A stack that passes all three is a stack that compounds your optionality over time instead of eroding it.
The Actual Cost
Running this stack as a solo builder:
- Claude / GPT / Gemini: $20-60/month depending on usage tiers
- Cursor: $20/month (or free tier for light use)
- n8n: Free (self-hosted) or $20/month (cloud)
- Supabase: Free tier covers most solo projects. $25/month when you scale.
- Vercel / Cloudflare: Free tier for most use cases. $20/month if you need more.
Total: $60-145/month for a full AI-augmented development and automation stack.
For comparison: a single freelance developer costs $50-150/hour. A no-code platform like Bubble runs $29-119/month but your app can't run anywhere else. A bootcamp costs $10K-20K and teaches you skills that may be outdated by the time you graduate. This stack costs less than one hour of consulting billing per month, the skills transfer across every tool in it, and everything you build is portable.
The leverage is absurd if you use it to ship products instead of just experimenting.
What I'd Change
If I were starting from zero today, two things would be different.
First, I'd skip Zapier entirely and start with n8n. I picked Zapier because it was easier to set up. Two months later I'd outgrown it: too many zaps, pricing tiers climbing, and no way to version control my workflows. The migration to n8n took a full week of rebuilding flows I'd already built once. That week was the tax for choosing the path of least resistance.

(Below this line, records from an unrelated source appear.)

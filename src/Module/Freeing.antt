-- ===== src/Module/Freeing.antt =====
-- The loop over the buffers in `dmaplane_exit`, driver/main.c.
use dmaplane_master.Kernel.Balance.{gets-append, puts-append}
use dmaplane_master.Buffer.{is_live, Buffer, Store, zero_buffer, max_buffers, find_buffer}
use dmaplane_master.Kernel.{Resource, gets, puts}
use dmaplane_master.Module.{System, free_slot, free_buffers}
use dmaplane_master.Base.{
  get_or_of_none, find_index_of_first, ℕ, zero, suc, ◌+◌, ◌<◌, ◌≡◌, refl, ◌∙◌, sym, ap, subst, inl,
  inr, Bool, true, false, Bool-cases, Option-cases, ◌||◌, ◌==◌, ==_iff, ◌++◌, some, if◌then◌else◌,
  get_elem?, get_or, get_or_of_get, total-zero, arith, get_elem?-set_cases, lt-length_of_get,
}
use mathlib.Core.Bool.{false≢true}
use dmaplane_master.Buffer.Destroy.{destroy_buffer, is_positive}
use dmaplane_master.Buffer.Conserve.{held, weight}
use dmaplane_master.Buffer.Handles.{WellFormed}
use dmaplane_master.Buffer.Kept.{destroy-Kept}
use dmaplane_master.Buffer.Lifetime.{destroy_found, removed}

-- No buffer is mapped or exported.
abbrev pub Unshared : Store → Type 0
Unshared s =
    (i : ℕ) (b : Buffer)
    → get_elem? s.buffers i ≡ some b
    → b.in_use ≡ true
    → (is_positive b.mmap_count || b.dmabuf_exported) ≡ false

abbrev pub FreeBelow : ℕ → Store → Type 0
FreeBelow j s = (i : ℕ) (b : Buffer) → i < j → get_elem? s.buffers i ≡ some b → b.in_use ≡ false

-- What the loop over the buffers keeps
pub record Freeing (x : Resource) (j : ℕ) (s : System) : Type 0 where
  pub well_formed : WellFormed s.store
  pub balance : gets x s.buffer_events ≡ puts x s.buffer_events + held x s.store
  pub unshared : Unshared s.store
  pub below : FreeBelow j s.store

-- The state after the buffer in a slot has been destroyed
abbrev after_free : System → (slot : ℕ) → System
after_free s slot =
    let r = destroy_buffer s.store (get_or s.store.buffers slot zero_buffer).id in
    record s { store = r.1; buffer_events = s.buffer_events ++ r.2 }

FreeBelow-suc :
    (j : ℕ) (s : Store)
    → FreeBelow j s
    → ((b : Buffer) → get_elem? s.buffers j ≡ some b → b.in_use ≡ false)
    → FreeBelow (suc j) s
FreeBelow-suc j s k h i b l g = elim (Bool-cases (i == j)) [
  | inl q ↦ h b (subst (λ n. get_elem? s.buffers n ≡ some b) ((==_iff i j).0 q) g)
  | inr q ↦ k i b (below q) g
]
  where
    below : (i == j) ≡ false → i < j
    below q = ground (arith, l)

module _ (x : Resource) (j : ℕ) (s : System) (f : Freeing x j s) where
  module _ (b : Buffer) (at : get_elem? s.store.buffers j ≡ some b) (u : b.in_use ≡ true) where
    found : find_buffer s.store b.id ≡ some j
    found =
        find_index_of_first (is_live b.id) s.store.buffers j b at
          (simp (u, (==_iff b.id b.id).1 refl)) (λ i c l g. simp (f.below i c l g))

    gone : (destroy_buffer s.store b.id).1 ≡ removed s.store b.id j b found at
    gone = ap (λ r. r.1) (destroy_found s.store b.id j b found at) ∙ rw (f.unshared j b at u) refl

    removed-Unshared : Unshared (removed s.store b.id j b found at)
    removed-Unshared i c g v =
        elim (get_elem?-set_cases s.store.buffers j i (record b { in_use = false }) c g) [
          | inl (e, h) ↦ absurd (false≢true (ap (λ z. z.in_use) h ∙ v))
          | inr (n, h) ↦ f.unshared i c h v
        ]

    removed-FreeBelow : FreeBelow (suc j) (removed s.store b.id j b found at)
    removed-FreeBelow i c l g =
        elim (get_elem?-set_cases s.store.buffers j i (record b { in_use = false }) c g) [
          | inl (e, h) ↦ sym (ap (λ z. z.in_use) h)
          | inr (n, h) ↦ f.below i c (omega (arith, l, n)) h
        ]

    freed-Freeing : Freeing x (suc j) (record s {
      store = (destroy_buffer s.store b.id).1;
      buffer_events = s.buffer_events ++ (destroy_buffer s.store b.id).2;
    })
    freed-Freeing =
        let k = destroy-Kept s.store b.id f.well_formed in
        let t = (destroy_buffer s.store b.id).1 in
        record {
          well_formed = k.well_formed;
          balance = omega (
            arith,
            k.balanced x,
            f.balance,
            gets-append x s.buffer_events (destroy_buffer s.store b.id).2,
            puts-append x s.buffer_events (destroy_buffer s.store b.id).2,
          );
          unshared = subst Unshared (sym gone) removed-Unshared;
          below = subst (FreeBelow (suc j)) (sym gone) removed-FreeBelow;
        }

  skipped-Freeing :
      ((b : Buffer) → get_elem? s.store.buffers j ≡ some b → b.in_use ≡ false) → Freeing x (suc j) s
  skipped-Freeing h = record {
    well_formed = f.well_formed;
    balance = f.balance;
    unshared = f.unshared;
    below = FreeBelow-suc j s.store f.below h;
  }

-- A slot, by what stands in it
free_slot_in_use :
    (slot : ℕ) (s : System) (b : Buffer)
    → get_elem? s.store.buffers slot ≡ some b
    → b.in_use ≡ true
    → free_slot slot s ≡ record s {
      store = (destroy_buffer s.store b.id).1;
      buffer_events = s.buffer_events ++ (destroy_buffer s.store b.id).2;
    }
unfolding free_slot
free_slot_in_use slot s b at u =
    rw (get_or_of_get s.store.buffers slot b zero_buffer at) (if_true _ _ b.in_use u)
  where
    if_true : (y z : System) (c : Bool) → c ≡ true → (if c then y else z) ≡ y
    if_true y z c h = rw h refl

free_slot-rest :
    (slot : ℕ) (s : System)
    → let t = free_slot slot s in (t.engine ≡ s.engine) × (t.regions ≡ s.regions) × (t.log ≡ s.log)
unfolding free_slot
free_slot-rest slot s = elim (Bool-cases (get_or s.store.buffers slot zero_buffer).in_use) [
  | inl u ↦ simp u (refl, refl, refl)
  | inr u ↦ simp u (refl, refl, refl)
]

free_slot_free :
    (slot : ℕ) (s : System)
    → (get_or s.store.buffers slot zero_buffer).in_use ≡ false
    → free_slot slot s ≡ s
unfolding free_slot
free_slot_free slot s h = simp h

module _ (x : Resource) where
  free_slot-Freeing : (j : ℕ) (s : System) → Freeing x j s → Freeing x (suc j) (free_slot j s)
  free_slot-Freeing j s f = elim (Option-cases (get_elem? s.store.buffers j)) [
    | inl n ↦
        subst (Freeing x (suc j))
          (sym (
            free_slot_free j s
              (ap (λ b. b.in_use) (get_or_of_none s.store.buffers j zero_buffer n))))
          (skipped-Freeing x j s f (λ b g. cc))
    | inr (b, g) ↦ elim (Bool-cases b.in_use) [
      | inl u ↦
          subst (Freeing x (suc j)) (sym (free_slot_in_use j s b g u)) (freed-Freeing x j s f b g u)
      | inr u ↦
          subst (Freeing x (suc j))
            (sym (
              free_slot_free j s
                (ap (λ c. c.in_use) (get_or_of_get s.store.buffers j b zero_buffer g) ∙ u)))
            (skipped-Freeing x j s f (λ c h. let e : b ≡ c = cc in sym (ap (λ z. z.in_use) e) ∙ u))
    ]
  ]

  free_buffers-Freeing :
      (n j : ℕ) (s : System) → Freeing x j s → Freeing x (n + j) (free_buffers n j s)
  unfolding free_buffers
  free_buffers-Freeing zero j s f = subst (λ k. Freeing x k s) (omega arith) f
  free_buffers-Freeing (suc n) j s f =
      subst (λ k. Freeing x k (free_buffers n (suc j) (free_slot j s))) (omega arith)
        (free_buffers-Freeing n (suc j) (free_slot j s) (free_slot-Freeing j s f))

  -- After the loop nothing is left.
  pub all_freed :
      (s : System)
      → Freeing x 0 s
      → let t = free_buffers max_buffers 0 s in gets x t.buffer_events ≡ puts x t.buffer_events
  all_freed s f =
      let t = free_buffers max_buffers 0 s in
      let g = free_buffers-Freeing max_buffers 0 s f in
      let none_left = total-zero (weight x) t.store.buffers (λ i b h. simp (
        g.below i b (omega (arith, lt-length_of_get t.store.buffers i h, g.well_formed.slots))
          h)) in
      omega (arith, g.balance, none_left)

  pub free_buffers-rest :
      (n j : ℕ) (s : System)
      → let t = free_buffers n j s in
        (t.engine ≡ s.engine) × (t.regions ≡ s.regions) × (t.log ≡ s.log)
  unfolding free_buffers
  free_buffers-rest zero j s = (refl, refl, refl)
  free_buffers-rest (suc n) j s =
      let (a, b, c) = free_slot-rest j s in
      let (a', b', c') = free_buffers-rest n (suc j) (free_slot j s) in (a' ∙ a, b' ∙ b, c' ∙ c)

Second, I'd standardize my API integration patterns before building anything else. My early projects had four different ways of handling auth tokens, three different retry strategies, and zero consistent error handling. Every new integration was a custom snowflake. The orchestration layer eventually forced consistency, but I would have saved months of debugging if I'd established the patterns upfront.
The orchestration layer is the skeleton of a solo operation. Everything else hangs off it. Get that right first, even if it's harder to learn, and the rest of the stack becomes genuinely swappable.